Exercise directions:
Return each line of the listing in which the word "tools" appears.

─── The input

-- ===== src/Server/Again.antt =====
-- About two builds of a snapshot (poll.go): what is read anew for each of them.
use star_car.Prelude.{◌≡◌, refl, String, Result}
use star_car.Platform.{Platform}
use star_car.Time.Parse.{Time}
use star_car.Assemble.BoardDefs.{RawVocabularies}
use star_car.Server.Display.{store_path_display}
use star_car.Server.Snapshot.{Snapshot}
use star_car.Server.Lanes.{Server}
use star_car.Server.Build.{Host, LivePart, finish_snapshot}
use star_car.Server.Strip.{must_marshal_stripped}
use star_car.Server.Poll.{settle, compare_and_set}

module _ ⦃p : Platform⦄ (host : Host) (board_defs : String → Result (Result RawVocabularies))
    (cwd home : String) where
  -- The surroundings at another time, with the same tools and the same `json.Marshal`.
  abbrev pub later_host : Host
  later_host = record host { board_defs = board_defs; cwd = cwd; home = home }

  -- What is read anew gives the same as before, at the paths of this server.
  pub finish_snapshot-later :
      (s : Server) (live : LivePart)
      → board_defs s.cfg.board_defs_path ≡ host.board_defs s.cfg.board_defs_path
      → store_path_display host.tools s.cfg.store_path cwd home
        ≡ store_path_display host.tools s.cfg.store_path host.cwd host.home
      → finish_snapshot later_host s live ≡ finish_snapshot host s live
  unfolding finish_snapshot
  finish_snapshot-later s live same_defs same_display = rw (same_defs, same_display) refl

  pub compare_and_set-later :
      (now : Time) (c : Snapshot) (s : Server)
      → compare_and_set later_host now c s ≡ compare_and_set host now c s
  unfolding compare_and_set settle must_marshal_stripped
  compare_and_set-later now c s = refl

──────

Answer to this exercise:
  -- The surroundings at another time, with the same tools and the same `json.Marshal`.
      → store_path_display host.tools s.cfg.store_path cwd home
        ≡ store_path_display host.tools s.cfg.store_path host.cwd host.home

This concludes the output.